- _WHAT YOU ARE ASKED TO DO_
A copy is needed of each line in the records that has the word "Commands".

- _MATERIAL SUPPLIED_
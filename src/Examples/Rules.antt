-- ===== src/Examples/Rules.antt =====
-- Chat, queues, moderation, rights, capacity, shutdown and recovery on the server of `Sessions`.
use net_cat.Base.{
  codes, bytes_eq, index_byte, ltb, ◌≡◌, refl, true, false, ◌&&◌, [], ◌∷◌, ◌++◌, map, some,
  if◌then◌else◌, arith,
}
use net_cat.Base.Assoc.{keys}
use net_cat.Models.Format.{format_log_line, format_timestamp, room_tag, log_body}
use net_cat.Client.{new_client}
use net_cat.Server.{is_set}
use net_cat.Server.Names.{extract_host}
use net_cat.Server.Rooms.{get_room_names, admit_from_room_queue, get_room_history, next_open}
use net_cat.Server.Rooms.Queue.{IsNext, next_open-IsNext}
use net_cat.Server.Clients.{has}
use net_cat.Server.Moderation.{add_kick_cooldown, add_ban_ip, is_ip_blocked}
use net_cat.Server.Moderation.Laws.{
  add_kick_cooldown-is_ip_blocked, add_ban_ip-is_ip_blocked, is_ip_blocked-twice,
}
use net_cat.Server.Commands.{chat_message, handle_chat_message}
use net_cat.Server.Commands.Chat.{is_sent_on, handle_chat_message-history}
use net_cat.Server.History.{recover_lines, recover_file}
use net_cat.Server.History.Recovery.{recovered_in, recover_lines-history}
use net_cat.Server.Session.{reject_connection, check_or_queue_room, abandon, chatting}
use net_cat.Server.Session.Steps.{on_line}
use net_cat.Server.Shutdown.{begin_shutdown}
use net_cat.Server.Shutdown.Laws.{begin_shutdown-stops}
use net_cat.Server.Rooms.Listing.{IsListing, get_room_names-IsListing}
use net_cat.Base.Decimal.{padded, decimal}
use net_cat.Base.Scanner.{joined}
use net_cat.Server.History.Scan.{IsLine, recover_file-history}
use net_cat.Server.Rights.{rights}
use net_cat.Server.Rights.Connections.{on_line-rights}
use net_cat.Examples.{hello, hello-IsLoggable, read_noon, read_noon-noon}
use net_cat.Examples.Sessions.{late, pair, general, early}

handle_chat_message-history_example :
    get_room_history (codes "general") (handle_chat_message late 1 (codes "hello") pair) ≡ (
      if is_sent_on 1 (codes "hello") pair && bytes_eq (codes "general") (codes "general")
      then get_room_history (codes "general") pair
        ++ record (chat_message late (codes "bob") (codes "hello")) { room = codes "general" } ∷ []
      else get_room_history (codes "general") pair)
handle_chat_message-history_example =
    handle_chat_message-history late 1 (codes "hello") (codes "general") pair

recover_lines-history_example :
    get_room_history (codes "dev") (recover_lines read_noon (map format_log_line (hello ∷ [])) pair)
    ≡ get_room_history (codes "dev") pair
      ++ recovered_in (codes "dev") (codes "general") (hello ∷ [])
recover_lines-history_example =
    recover_lines-history read_noon (codes "dev") (hello ∷ []) pair
      ((hello-IsLoggable, read_noon-noon), tt)

next_open-IsNext_example : IsNext pair.heap general.queue (next_open pair.heap general.queue)
next_open-IsNext_example = next_open-IsNext pair.heap general.queue

add_kick_cooldown-is_ip_blocked_example :
    has
      (is_ip_blocked late
        (codes "10.0.0.7:5001")
        (add_kick_cooldown early (codes "10.0.0.7:5000") pair)).0
    ≡ (if is_set (extract_host (codes "10.0.0.7:5000")) []
        then true
        else ltb 400_000_000_000 300_000_001_000)
unfolding extract_host codes index_byte
add_kick_cooldown-is_ip_blocked_example =
    add_kick_cooldown-is_ip_blocked early late (codes "10.0.0.7:5000") (codes "10.0.0.7:5001") pair
      refl

add_ban_ip-is_ip_blocked_example :
    is_ip_blocked late (codes "10.0.0.7:5001") (add_ban_ip (codes "10.0.0.7:5000") pair)
    ≡ (some (codes "You are banned from this server.\n"), add_ban_ip (codes "10.0.0.7:5000") pair)
unfolding extract_host codes index_byte
add_ban_ip-is_ip_blocked_example =
    add_ban_ip-is_ip_blocked late (codes "10.0.0.7:5000") (codes "10.0.0.7:5001") pair refl

is_ip_blocked-twice_example :
    (is_ip_blocked late
      (codes "10.0.0.7:5001")
      (is_ip_blocked early (codes "10.0.0.7:5000") pair).1).0
    ≡ (is_ip_blocked late (codes "10.0.0.7:5001") pair).0
is_ip_blocked-twice_example =
    is_ip_blocked-twice early late (codes "10.0.0.7:5000") (codes "10.0.0.7:5001") pair refl

bob-plain : (pair.heap 1).admin ≡ false
unfolding new_client
bob-plain = refl

on_line-rights_example : rights (on_line late 1 chatting (codes "/ban ann") pair).1 ≡ rights pair
on_line-rights_example = on_line-rights late 1 chatting (codes "/ban ann") pair refl bob-plain

begin_shutdown-stops_example :
    ((reject_connection late 2 (begin_shutdown pair)).0 ≡ true)
    × (admit_from_room_queue (codes "general") (begin_shutdown pair) ≡ begin_shutdown pair)
    × (check_or_queue_room 2 (codes "general") (begin_shutdown pair)
        ≡ abandon 2 (begin_shutdown pair))
begin_shutdown-stops_example = begin_shutdown-stops late 2 (codes "general") pair

get_room_names-IsListing_example : IsListing (keys pair.rooms) (get_room_names pair)
get_room_names-IsListing_example = get_room_names-IsListing pair

hello-IsLine : IsLine (format_log_line hello)
unfolding format_log_line format_timestamp room_tag log_body codes padded decimal
hello-IsLine = ground arith

recover_file-history_example :
    get_room_history
      (codes "dev")
      (recover_file read_noon (some (joined (map format_log_line (hello ∷ [])))) pair)
    ≡ get_room_history (codes "dev") pair
      ++ recovered_in (codes "dev") (codes "general") (hello ∷ [])
recover_file-history_example =
    recover_file-history read_noon (codes "dev") (hello ∷ []) pair
      ((hello-IsLoggable, read_noon-noon), tt) (hello-IsLine, tt)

- _SOLUTION FOR THIS EXERCISE_
use net_cat.Server.Commands.{chat_message, handle_chat_message}
use net_cat.Server.Commands.Chat.{is_sent_on, handle_chat_message-history}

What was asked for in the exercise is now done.